ACTIVITY:
Set down the listing below verbatim, but only from its first line through the line containing "mod Browsers".

DATASET CONTENT:
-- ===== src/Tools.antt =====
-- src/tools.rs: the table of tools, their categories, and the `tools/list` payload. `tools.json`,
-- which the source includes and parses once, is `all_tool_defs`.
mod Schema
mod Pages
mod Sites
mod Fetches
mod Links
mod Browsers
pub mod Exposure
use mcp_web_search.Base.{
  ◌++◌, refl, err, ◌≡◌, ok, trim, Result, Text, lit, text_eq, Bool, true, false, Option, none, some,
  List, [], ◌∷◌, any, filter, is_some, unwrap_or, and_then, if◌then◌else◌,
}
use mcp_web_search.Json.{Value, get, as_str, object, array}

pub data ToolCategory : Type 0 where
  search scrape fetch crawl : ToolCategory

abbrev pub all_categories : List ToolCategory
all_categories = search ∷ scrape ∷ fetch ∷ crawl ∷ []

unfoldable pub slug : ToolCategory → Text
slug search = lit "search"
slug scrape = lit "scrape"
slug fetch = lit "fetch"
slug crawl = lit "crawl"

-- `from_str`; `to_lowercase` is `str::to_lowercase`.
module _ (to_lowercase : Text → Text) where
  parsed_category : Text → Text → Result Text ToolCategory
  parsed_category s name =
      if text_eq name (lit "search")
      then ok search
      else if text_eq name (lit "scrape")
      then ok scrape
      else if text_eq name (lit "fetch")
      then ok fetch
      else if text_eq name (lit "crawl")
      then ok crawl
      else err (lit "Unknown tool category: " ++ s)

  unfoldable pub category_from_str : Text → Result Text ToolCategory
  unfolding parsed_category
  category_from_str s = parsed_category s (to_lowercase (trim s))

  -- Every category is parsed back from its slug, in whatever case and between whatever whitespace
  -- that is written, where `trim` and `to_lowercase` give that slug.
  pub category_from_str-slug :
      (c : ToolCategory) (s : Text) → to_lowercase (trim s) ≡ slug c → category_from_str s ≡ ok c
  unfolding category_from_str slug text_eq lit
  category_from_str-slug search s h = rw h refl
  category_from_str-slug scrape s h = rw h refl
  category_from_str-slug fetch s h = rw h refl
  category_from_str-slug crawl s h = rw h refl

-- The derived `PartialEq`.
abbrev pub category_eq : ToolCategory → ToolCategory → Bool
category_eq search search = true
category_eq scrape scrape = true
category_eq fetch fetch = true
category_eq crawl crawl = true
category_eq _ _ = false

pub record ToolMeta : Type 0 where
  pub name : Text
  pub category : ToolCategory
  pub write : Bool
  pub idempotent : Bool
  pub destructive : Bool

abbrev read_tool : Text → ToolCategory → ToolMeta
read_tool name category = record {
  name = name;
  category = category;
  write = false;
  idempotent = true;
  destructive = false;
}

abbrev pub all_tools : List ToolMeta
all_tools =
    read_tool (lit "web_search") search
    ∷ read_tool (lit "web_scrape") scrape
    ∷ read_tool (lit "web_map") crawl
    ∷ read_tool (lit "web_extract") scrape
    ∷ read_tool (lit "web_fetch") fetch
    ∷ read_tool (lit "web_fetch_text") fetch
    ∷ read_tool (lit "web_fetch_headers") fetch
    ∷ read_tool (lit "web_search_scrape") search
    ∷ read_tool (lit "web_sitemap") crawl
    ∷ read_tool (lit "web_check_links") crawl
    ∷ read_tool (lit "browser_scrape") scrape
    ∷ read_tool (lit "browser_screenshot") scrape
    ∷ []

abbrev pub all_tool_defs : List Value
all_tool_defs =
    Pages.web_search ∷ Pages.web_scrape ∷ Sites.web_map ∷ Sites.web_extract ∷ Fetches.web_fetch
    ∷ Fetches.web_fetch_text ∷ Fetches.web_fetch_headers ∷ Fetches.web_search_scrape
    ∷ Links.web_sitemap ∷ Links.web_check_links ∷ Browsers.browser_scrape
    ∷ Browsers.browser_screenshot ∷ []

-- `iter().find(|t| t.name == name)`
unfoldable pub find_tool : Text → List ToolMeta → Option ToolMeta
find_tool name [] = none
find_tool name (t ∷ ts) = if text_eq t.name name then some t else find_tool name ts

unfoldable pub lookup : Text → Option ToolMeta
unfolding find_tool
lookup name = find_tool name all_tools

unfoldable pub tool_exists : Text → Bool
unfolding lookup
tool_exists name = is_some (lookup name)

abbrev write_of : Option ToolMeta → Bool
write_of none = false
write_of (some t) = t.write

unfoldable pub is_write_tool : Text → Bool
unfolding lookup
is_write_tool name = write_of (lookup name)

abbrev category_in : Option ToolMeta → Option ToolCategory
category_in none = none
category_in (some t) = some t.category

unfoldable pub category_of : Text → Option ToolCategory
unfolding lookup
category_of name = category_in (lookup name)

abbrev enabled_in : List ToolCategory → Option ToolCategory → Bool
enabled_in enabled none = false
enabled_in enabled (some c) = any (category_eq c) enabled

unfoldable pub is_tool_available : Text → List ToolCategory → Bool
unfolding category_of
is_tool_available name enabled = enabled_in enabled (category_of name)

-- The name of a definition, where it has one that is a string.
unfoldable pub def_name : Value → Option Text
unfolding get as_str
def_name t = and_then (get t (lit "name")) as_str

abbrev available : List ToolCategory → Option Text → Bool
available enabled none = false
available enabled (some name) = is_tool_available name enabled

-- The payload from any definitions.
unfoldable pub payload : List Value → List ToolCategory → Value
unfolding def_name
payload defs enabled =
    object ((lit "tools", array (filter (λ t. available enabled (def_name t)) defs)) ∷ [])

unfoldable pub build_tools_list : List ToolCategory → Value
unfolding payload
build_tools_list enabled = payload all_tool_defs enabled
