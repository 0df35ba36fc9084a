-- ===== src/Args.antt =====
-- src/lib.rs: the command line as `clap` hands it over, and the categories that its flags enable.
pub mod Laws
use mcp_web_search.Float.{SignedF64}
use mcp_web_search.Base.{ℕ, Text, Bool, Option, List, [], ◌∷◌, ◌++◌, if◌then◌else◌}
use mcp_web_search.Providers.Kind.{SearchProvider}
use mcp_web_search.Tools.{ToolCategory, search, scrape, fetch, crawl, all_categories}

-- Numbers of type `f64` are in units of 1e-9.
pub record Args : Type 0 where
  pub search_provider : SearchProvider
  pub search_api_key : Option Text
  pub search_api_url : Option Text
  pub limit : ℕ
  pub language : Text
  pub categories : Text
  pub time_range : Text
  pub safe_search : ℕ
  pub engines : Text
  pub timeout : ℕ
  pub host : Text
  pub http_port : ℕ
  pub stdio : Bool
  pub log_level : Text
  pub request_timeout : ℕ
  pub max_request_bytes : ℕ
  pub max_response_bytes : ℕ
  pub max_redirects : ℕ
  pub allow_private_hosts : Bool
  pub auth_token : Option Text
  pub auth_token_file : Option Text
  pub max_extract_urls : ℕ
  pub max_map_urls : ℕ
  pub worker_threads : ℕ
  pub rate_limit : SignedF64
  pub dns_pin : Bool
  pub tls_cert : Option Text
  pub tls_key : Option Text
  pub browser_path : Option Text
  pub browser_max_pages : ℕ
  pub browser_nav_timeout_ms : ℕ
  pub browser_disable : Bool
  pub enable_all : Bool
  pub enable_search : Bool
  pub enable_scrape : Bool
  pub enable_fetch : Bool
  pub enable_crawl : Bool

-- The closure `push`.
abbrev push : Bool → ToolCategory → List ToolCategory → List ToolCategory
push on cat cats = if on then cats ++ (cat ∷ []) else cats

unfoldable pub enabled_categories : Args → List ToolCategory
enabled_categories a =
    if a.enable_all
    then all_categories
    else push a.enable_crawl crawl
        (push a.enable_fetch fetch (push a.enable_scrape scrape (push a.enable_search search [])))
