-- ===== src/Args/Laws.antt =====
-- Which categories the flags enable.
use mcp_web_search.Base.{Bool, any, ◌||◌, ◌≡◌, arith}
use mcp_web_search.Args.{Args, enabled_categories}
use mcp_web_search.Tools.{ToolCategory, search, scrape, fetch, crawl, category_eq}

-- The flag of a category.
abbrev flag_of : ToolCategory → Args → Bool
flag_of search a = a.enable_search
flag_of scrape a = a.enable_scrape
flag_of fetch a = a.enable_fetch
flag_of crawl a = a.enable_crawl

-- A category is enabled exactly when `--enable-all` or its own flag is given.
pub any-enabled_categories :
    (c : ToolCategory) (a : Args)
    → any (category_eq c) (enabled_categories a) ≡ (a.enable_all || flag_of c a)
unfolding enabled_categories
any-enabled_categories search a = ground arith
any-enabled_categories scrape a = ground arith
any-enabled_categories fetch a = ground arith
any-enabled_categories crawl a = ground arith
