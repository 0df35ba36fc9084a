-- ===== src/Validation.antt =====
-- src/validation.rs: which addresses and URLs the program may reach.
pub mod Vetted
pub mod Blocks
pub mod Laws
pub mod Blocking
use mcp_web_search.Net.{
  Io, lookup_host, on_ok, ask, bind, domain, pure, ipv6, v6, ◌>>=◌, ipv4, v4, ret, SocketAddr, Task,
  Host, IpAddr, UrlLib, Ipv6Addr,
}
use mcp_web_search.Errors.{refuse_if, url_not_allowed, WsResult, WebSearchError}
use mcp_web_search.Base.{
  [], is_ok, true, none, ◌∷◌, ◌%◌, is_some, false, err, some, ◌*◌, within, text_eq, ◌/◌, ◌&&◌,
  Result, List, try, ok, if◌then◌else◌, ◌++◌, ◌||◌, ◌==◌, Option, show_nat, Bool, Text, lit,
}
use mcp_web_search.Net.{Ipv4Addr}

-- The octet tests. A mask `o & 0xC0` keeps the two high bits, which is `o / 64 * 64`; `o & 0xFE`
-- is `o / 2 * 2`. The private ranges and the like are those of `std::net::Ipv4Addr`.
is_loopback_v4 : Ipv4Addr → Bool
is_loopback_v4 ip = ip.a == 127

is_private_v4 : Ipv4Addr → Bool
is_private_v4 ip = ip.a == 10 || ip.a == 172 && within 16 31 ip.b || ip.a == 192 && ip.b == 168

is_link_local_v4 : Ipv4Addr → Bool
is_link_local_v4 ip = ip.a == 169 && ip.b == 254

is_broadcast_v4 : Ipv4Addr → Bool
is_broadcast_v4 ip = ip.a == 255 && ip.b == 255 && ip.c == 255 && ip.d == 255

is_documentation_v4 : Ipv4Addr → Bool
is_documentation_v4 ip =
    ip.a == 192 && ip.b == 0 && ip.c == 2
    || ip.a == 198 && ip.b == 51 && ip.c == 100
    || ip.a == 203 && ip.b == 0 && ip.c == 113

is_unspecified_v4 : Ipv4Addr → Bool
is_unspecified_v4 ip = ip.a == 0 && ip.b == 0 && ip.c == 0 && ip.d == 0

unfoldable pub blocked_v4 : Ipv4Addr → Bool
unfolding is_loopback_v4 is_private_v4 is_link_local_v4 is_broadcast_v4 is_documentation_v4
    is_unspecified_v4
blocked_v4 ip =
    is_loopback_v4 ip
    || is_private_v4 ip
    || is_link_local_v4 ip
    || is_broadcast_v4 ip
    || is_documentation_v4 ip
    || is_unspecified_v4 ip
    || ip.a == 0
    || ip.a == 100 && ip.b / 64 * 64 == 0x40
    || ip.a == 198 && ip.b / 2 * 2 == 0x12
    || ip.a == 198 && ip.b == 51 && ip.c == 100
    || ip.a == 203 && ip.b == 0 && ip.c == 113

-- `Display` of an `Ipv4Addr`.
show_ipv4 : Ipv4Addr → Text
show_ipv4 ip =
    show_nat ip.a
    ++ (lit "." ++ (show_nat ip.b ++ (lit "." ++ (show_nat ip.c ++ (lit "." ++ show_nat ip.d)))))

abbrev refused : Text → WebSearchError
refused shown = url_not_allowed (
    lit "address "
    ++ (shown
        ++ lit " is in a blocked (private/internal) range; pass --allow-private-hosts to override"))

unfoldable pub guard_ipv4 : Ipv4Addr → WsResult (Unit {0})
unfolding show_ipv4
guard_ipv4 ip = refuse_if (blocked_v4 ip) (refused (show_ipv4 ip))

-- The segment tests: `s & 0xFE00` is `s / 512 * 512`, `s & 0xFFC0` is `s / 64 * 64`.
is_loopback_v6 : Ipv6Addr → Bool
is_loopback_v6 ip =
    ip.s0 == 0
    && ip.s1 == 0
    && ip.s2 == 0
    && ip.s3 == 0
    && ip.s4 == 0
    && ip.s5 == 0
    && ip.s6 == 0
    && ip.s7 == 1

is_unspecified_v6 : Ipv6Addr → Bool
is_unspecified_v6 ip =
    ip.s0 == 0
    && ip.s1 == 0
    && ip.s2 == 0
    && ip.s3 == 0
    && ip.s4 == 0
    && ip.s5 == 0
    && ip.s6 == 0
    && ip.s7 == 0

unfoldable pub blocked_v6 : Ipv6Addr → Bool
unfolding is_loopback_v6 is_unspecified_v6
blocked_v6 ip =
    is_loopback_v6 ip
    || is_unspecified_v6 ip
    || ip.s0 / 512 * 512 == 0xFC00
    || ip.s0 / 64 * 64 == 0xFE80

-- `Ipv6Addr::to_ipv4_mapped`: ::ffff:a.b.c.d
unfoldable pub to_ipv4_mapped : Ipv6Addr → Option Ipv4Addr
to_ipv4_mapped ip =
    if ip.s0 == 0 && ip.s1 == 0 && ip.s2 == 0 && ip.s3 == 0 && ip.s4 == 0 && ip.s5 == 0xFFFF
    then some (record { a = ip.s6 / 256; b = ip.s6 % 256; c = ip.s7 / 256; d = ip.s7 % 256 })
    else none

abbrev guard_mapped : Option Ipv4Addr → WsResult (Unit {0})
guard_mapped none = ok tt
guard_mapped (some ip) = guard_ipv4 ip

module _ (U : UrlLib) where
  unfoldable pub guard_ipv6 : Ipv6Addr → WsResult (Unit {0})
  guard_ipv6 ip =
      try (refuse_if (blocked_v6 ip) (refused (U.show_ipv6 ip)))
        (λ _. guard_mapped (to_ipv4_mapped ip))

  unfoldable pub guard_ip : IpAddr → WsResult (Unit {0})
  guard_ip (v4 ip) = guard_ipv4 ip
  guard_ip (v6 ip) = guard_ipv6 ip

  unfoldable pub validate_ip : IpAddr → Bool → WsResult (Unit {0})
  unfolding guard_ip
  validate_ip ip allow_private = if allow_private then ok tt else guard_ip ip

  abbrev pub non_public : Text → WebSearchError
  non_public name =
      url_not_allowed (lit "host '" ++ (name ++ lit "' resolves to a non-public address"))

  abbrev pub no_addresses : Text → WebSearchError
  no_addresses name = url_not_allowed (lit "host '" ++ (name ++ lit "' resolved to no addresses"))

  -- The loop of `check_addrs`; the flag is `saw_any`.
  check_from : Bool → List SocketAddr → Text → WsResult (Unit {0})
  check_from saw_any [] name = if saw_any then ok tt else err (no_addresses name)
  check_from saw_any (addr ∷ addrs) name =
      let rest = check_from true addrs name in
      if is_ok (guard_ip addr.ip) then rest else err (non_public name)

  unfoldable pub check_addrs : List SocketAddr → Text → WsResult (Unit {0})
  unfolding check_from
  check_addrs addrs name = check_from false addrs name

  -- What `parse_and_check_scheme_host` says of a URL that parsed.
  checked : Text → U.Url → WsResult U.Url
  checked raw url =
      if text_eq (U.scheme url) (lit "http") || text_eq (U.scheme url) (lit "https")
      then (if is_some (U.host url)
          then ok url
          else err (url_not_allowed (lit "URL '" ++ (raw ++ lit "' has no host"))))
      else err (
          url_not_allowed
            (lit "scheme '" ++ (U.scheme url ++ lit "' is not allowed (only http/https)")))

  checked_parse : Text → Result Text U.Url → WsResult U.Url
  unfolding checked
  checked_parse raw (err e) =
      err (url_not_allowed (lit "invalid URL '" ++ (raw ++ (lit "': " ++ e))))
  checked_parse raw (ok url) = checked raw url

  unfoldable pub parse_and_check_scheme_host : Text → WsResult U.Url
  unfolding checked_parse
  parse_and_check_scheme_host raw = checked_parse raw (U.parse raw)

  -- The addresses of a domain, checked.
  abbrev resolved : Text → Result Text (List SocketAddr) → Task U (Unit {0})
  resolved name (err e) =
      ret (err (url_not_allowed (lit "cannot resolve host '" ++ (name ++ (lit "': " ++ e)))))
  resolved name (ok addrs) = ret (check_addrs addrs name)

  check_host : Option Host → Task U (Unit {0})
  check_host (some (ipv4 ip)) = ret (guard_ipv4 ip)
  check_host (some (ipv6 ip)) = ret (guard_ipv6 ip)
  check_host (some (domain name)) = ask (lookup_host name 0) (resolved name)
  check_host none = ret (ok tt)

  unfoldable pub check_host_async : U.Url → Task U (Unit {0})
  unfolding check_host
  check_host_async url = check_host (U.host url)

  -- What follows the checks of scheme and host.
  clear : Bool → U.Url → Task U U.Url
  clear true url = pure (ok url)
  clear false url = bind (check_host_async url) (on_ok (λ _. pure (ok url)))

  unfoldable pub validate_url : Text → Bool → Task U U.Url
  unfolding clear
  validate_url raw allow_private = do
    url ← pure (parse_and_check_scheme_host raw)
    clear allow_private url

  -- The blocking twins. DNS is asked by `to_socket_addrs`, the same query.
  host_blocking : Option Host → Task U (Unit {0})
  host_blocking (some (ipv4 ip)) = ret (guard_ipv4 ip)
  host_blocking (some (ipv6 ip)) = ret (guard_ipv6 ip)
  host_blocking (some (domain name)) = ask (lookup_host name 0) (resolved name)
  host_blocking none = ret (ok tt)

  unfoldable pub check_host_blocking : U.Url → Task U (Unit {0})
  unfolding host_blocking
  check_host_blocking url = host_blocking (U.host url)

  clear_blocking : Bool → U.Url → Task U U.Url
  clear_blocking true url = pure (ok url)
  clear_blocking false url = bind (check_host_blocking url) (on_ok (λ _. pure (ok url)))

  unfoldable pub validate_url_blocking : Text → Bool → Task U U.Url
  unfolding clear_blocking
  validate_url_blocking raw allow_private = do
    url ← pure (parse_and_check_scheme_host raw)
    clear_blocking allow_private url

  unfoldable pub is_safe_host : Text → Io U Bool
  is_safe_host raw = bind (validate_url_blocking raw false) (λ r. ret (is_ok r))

RESPONSE AREA:
-- ===== src/Tools.antt =====
-- src/tools.rs: the table of tools, their categories, and the `tools/list` payload. `tools.json`,
-- which the source includes and parses once, is `all_tool_defs`.
mod Schema
mod Pages
mod Sites
mod Fetches
mod Links
mod Browsers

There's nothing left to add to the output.